Collection entries:
--*--
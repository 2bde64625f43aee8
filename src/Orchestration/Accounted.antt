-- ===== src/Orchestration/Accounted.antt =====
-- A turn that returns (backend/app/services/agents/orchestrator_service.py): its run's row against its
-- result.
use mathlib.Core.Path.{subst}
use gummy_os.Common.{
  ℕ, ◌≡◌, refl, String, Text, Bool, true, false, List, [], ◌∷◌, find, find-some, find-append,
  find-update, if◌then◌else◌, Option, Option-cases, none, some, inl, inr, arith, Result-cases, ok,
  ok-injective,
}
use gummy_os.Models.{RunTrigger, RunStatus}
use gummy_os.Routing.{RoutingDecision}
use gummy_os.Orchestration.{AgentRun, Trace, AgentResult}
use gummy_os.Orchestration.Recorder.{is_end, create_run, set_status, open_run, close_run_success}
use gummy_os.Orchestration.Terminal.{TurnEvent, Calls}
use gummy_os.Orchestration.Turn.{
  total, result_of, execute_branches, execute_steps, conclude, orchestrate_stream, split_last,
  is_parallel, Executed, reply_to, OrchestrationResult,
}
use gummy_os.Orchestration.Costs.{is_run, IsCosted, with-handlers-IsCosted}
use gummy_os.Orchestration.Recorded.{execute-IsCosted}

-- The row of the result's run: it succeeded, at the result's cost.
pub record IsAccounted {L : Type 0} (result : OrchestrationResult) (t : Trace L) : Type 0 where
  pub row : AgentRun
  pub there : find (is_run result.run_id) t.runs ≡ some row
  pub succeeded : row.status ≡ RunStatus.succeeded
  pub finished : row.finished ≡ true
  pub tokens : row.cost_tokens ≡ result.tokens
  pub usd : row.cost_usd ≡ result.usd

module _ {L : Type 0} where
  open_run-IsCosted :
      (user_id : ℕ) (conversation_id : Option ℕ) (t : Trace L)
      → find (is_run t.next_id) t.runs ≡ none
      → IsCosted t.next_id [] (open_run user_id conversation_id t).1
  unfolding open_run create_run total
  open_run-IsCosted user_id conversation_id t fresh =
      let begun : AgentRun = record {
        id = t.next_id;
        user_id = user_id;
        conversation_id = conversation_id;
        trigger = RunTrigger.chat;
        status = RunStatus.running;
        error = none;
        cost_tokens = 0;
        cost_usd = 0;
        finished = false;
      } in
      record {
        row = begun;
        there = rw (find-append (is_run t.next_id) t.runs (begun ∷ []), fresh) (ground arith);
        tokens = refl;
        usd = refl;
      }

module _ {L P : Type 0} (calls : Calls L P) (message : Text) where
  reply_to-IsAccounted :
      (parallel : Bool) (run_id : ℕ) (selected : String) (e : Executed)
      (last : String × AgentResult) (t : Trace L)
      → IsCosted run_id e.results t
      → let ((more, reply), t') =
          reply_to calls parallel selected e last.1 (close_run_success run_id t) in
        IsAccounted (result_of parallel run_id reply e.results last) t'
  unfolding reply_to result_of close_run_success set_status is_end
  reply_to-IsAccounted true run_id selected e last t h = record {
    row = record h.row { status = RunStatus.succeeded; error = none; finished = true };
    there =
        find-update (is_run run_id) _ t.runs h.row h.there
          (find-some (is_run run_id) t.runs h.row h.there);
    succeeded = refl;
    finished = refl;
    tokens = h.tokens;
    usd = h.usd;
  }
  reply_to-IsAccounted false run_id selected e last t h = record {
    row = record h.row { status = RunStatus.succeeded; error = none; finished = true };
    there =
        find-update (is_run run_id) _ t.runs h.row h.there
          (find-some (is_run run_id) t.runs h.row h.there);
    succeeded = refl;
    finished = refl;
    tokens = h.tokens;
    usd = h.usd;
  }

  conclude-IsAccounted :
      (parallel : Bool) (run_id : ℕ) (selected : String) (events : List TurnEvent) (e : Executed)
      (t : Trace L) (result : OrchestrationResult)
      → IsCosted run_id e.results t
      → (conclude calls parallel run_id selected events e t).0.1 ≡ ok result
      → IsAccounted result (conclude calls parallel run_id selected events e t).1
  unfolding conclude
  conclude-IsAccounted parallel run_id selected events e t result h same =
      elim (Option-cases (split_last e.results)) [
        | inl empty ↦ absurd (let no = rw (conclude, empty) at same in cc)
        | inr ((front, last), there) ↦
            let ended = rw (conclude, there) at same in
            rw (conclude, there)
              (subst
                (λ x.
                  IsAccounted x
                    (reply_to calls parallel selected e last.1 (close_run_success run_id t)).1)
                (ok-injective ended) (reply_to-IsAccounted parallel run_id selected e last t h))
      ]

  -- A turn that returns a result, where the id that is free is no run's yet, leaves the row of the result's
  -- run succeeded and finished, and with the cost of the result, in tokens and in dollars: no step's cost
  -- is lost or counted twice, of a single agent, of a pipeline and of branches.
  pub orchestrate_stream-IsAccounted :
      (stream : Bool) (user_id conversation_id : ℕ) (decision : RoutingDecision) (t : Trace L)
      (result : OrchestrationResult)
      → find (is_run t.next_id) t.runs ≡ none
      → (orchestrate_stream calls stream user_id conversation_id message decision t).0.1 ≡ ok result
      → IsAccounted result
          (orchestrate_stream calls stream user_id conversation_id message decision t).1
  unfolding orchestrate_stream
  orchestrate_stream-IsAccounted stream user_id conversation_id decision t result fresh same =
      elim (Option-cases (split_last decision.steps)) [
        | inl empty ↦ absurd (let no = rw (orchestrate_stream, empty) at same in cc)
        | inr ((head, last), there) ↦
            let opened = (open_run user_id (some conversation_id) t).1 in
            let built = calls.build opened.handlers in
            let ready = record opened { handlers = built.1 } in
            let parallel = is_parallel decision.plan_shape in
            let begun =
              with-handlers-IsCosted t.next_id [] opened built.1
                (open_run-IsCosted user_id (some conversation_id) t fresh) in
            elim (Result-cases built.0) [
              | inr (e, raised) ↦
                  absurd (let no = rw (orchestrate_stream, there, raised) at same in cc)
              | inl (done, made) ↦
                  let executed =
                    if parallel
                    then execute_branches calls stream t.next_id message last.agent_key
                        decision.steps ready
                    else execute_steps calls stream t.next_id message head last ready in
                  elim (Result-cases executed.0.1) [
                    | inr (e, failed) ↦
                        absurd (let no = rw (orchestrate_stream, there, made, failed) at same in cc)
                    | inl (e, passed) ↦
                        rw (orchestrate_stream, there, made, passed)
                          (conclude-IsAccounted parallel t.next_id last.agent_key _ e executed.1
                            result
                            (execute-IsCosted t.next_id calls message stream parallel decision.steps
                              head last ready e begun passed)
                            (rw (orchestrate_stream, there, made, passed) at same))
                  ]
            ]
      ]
--*--
[What is needed]: Write out every line from the entries where "false" appears.

[Answer section]:
  ℕ, ◌≡◌, refl, String, Text, Bool, true, false, List, [], ◌∷◌, find, find-some, find-append,
        finished = false;
  reply_to-IsAccounted false run_id selected e last t h = record {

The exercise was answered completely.